Aunque, como digo, esta cuestión no alcance, ni mucho menos, la importancia del feísmo de las plazas, uno no puede dejar de preguntarse: siendo como es Muñoz Molina un eximio representante de la literatura en español y, por ende, académico de la lengua, ¿no podría sacar algo de su valioso tiempo y decirnos algo al respecto, por ínfimo que sea? ¿Y sus compañeros de profesión, tan involucrados casi siempre en políticas de progreso y tan preocupados por la lengua, no deberían pronunciarse de alguna manera? Todo ello por no hablar de nuestros heroicos actores y actrices, siempre prestos a rebelarse contra cualquier iniciativa que amenace sus derechos: ¿no les parece que un proyecto de este tipo atenta directamente contra la cultura que todos compartimos? Alguna mente malévola podría decir que hay silencios más reveladores que mil firmas dispuestas en un manifiesto.
Pero la cosa no quedaba ahí. Hay que reconocer que pocos articulistas han exhibido una preocupación tan insistente como Muñoz Molina por los problemas específicos de la educación pública.

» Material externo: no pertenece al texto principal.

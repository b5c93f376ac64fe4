-- ===== src/Api/Settings.antt =====
-- internal/api/tokens.go: the settings that a hook may have, and that the validations ensure them.
use hookwatch.Api.Answer.{normalized_auth_mode}
use hookwatch.Api.Payload.{
  and_then, is_blank, is_mode, is_provider, validate_advanced_token_config,
  validate_and_normalize_token_access, validate_persistence, validate_signature,
  validate_token_config, validated,
}
use hookwatch.Authz.{is_admin, is_owner}
use hookwatch.Models.{Token, User}
use hookwatch.Prelude.{
  Bool, Bool-cases, Option, Result, String, arith, err, false, inl, inr, is_some, ltb_ℤ, nat_eq,
  not, ok, pos, refl, string_eq, sym, to_lower, trim_space, true, ◌&&◌, ◌==◌, ◌||◌, ◌∙◌, ◌≡◌, ◌≤ℤ◌,
}

-- The values that the capture handler and the middleware rely on are in their ranges.
abbrev pub InRange : Token → Type 0
InRange t =
    (pos 100 ≤ℤ t.default_status)
    × (t.default_status ≤ℤ pos 999)
    × ((trim_space t.default_content_type == "") ≡ false)
    × (pos 1 ≤ℤ t.max_requests)
    × (pos 0 ≤ℤ t.timeout)
    × (t.timeout ≤ℤ pos 10)

-- The modes are known ones.
abbrev pub HasModes : Token → Type 0
HasModes t = (is_mode t.receive_mode ≡ true) × (is_mode t.view_mode ≡ true)

-- The provider is a known one, and it has a secret unless it is empty.
abbrev pub HasProvider : Token → Type 0
HasProvider t =
    (is_provider t.signature_provider ≡ true)
    × ((t.signature_provider == "") ≡ is_blank t.signature_secret)

-- A hook has the hash of a secret if and only if it is private.
abbrev pub HasSecret : Token → Type 0
HasSecret t = is_some t.receive_secret_hash ≡ (t.receive_mode == "private")

abbrev pub IsValid : Token → Type 0
IsValid t = HasModes t × HasProvider t × InRange t

abbrev pub IsConfigured : Token → Type 0
IsConfigured t = IsValid t × HasSecret t

-- A result that is no error satisfies a predicate.
abbrev pub Gives {κ} : {E A : Type 0} → (A → Type κ) → Result E A → Type κ
Gives P (err e) = Unit
Gives P (ok a) = P a

and_then-Gives :
    (P Q : Token → Type 0) (r : Result String Token) (f : Token → Result String Token)
    → Gives P r
    → ((t : Token) → P t → Gives Q (f t))
    → Gives Q (and_then r f)
and_then-Gives P Q (err e) f h k = tt
and_then-Gives P Q (ok t) f h k = k t h

validate_and_normalize_token_access-HasModes :
    (token : Token) (auth_mode : String)
    → Gives HasModes (validate_and_normalize_token_access token auth_mode)
unfolding validate_and_normalize_token_access
validate_and_normalize_token_access-HasModes token auth_mode =
    elim (Bool-cases (is_mode token.receive_mode)) [
      | inr r ↦ rw r tt
      | inl r ↦ elim (Bool-cases (is_mode token.view_mode)) [
        | inr v ↦ rw (r, v) tt
        | inl v ↦ elim (Bool-cases (normalized_auth_mode auth_mode == "none")) [
          | inl n ↦ rw (r, v, n) (r, refl)
          | inr n ↦ rw (r, v, n) (r, v)
        ]
      ]
    ]

validate_signature-HasProvider :
    (token : Token)
    → HasModes token
    → Gives (λ t. HasModes t × HasProvider t) (validate_signature token)
unfolding validate_signature
validate_signature-HasProvider token h = elim (Bool-cases (is_provider token.signature_provider)) [
  | inr p ↦ rw p tt
  | inl p ↦ elim (Bool-cases (token.signature_provider == "")) [
    | inl e ↦ rw (p, e) (h, (p, e))
    | inr e ↦ elim (Bool-cases (is_blank token.signature_secret)) [
      | inl b ↦ rw (p, e, b) tt
      | inr b ↦ rw (p, e, b) (h, (p, e ∙ sym b))
    ]
  ]
]

validate_persistence-Gives :
    (P : Token → Type 0) (auth_mode : String) (user : Option User) (changed : Bool) (token : Token)
    → P token
    → Gives P (validate_persistence auth_mode user changed token)
unfolding validate_persistence
validate_persistence-Gives P auth_mode user changed token h =
    elim (Bool-cases (token.persistent && auth_mode == "none")) [
      | inl a ↦ rw a tt
      | inr a ↦ elim (Bool-cases (token.persistent && not (is_some token.owner_id))) [
        | inl b ↦ rw (a, b) tt
        | inr b ↦ elim (Bool-cases (changed && not (is_owner user token) && not (is_admin user))) [
          | inl c ↦ rw (a, b, c) tt
          | inr c ↦ rw (a, b, c) h
        ]
      ]
    ]

validate_token_config-InRange :
    (token : Token)
    → HasModes token × HasProvider token
    → Gives IsValid (validate_token_config token)
unfolding validate_token_config
validate_token_config-InRange token h =
    elim (Bool-cases
      (ltb_ℤ token.default_status (pos 100) || ltb_ℤ (pos 999) token.default_status)) [
        | inl a ↦ rw a tt
        | inr a ↦ elim (Bool-cases (trim_space token.default_content_type == "")) [
          | inl b ↦ rw (a, b) tt
          | inr b ↦ elim (Bool-cases (ltb_ℤ token.max_requests (pos 1))) [
            | inl c ↦ rw (a, b, c) tt
            | inr c ↦
                elim (Bool-cases (ltb_ℤ token.timeout (pos 0) || ltb_ℤ (pos 10) token.timeout)) [
                  | inl d ↦ rw (a, b, c, d) tt
                  | inr d ↦
                      rw (a, b, c, d)
                        (
                          h.0,
                          h.1,
                          (
                            ground (arith, a),
                            ground (arith, a),
                            b,
                            ground (arith, c),
                            ground (arith, d),
                            ground (arith, d),
                          ),
                        )
                ]
          ]
        ]
      ]

-- Whatever passes the three validations has valid settings.
pub validated-IsValid :
    (auth_mode : String) (user : Option User) (changed : Bool) (token : Token)
    → Gives IsValid (validated auth_mode user changed token)
unfolding validated validate_advanced_token_config
validated-IsValid auth_mode user changed token =
    and_then-Gives (λ t. HasModes t × HasProvider t) IsValid _ validate_token_config
      (and_then-Gives HasModes (λ t. HasModes t × HasProvider t)
        (validate_and_normalize_token_access token auth_mode) _
        (validate_and_normalize_token_access-HasModes token auth_mode)
        (λ t h.
          and_then-Gives (λ t. HasModes t × HasProvider t) (λ t. HasModes t × HasProvider t)
            (validate_signature
              (record t { signature_provider = to_lower (trim_space t.signature_provider) }))
            (validate_persistence auth_mode user changed)
            (validate_signature-HasProvider
              (record t { signature_provider = to_lower (trim_space t.signature_provider) }) h)
            (λ u k.
              validate_persistence-Gives (λ t. HasModes t × HasProvider t) auth_mode user changed u
                k)))
      validate_token_config-InRange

Pues bien, poco antes de su excelso análisis sobre el kitsch de las Meninas, la ministra del ramo, que ya había arbitrado un proyecto de ley, según el cual los bachilleres podrán pasar de curso aunque no hubieran aprobado, contribuyendo de esa forma a que los chicos que carecen de medios para pagarse una enseñanza exigente se vean abocados, en el mejor de los casos, a ejercer de camareros en las plazas de Muñoz Molina, había acordado, igualmente con los independentistas catalanes, esos dechados de virtudes teologales, que los inspectores de educación puedan acceder al puesto sin tener que pasar previamente por el preceptico proceso de oposición.
Puede nuevamente que algún intelectual malintencionado o declaradamente contrarrevolucionario se atreva a sospechar que dicha propuesta implica de facto una situación en la que los inspectores educativos ya no serán funcionarios encargados de velar por la calidad de la enseñanza, sino comisarios políticos a las órdenes del Gobierno para vigilar y castigar las posibles infracciones en las directrices de adoctrinamiento. Ahora bien, teniendo en cuenta que ni Muñoz Molina ni ningún otro intelectual de izquierdas ha puesto el grito en el cielo, tal vez debamos pensar que lo importante es, en efecto, la estética de las plazas.
No obstante, la guinda de este abigarrado pastel político la constituyó, sin duda alguna, el formidable anuncio de la creación por parte del Gobierno de una instancia encargada de fiscalizar lo que, según el propio Gobierno, pueda considerarse desinformación. No creo que en ninguna democracia que se respete mínimamente a sí misma pueda plantearse algo parecido. Pues bien, de nuevo nuestros intelectuales progresistas nos han obsequiado con un exquisito silencio; un silencio, por lo demás, que recuerda demasiado al de esas enigmáticas Meninas desperdigadas por las plazas de Madrid. Entre estas y aquellos puede apreciarse un curioso aire de familia: el que se deriva de su afición compartida al cortesanismo. Pero dejemos ya estos asunto baladíes: pongamos que hablo de Madrid.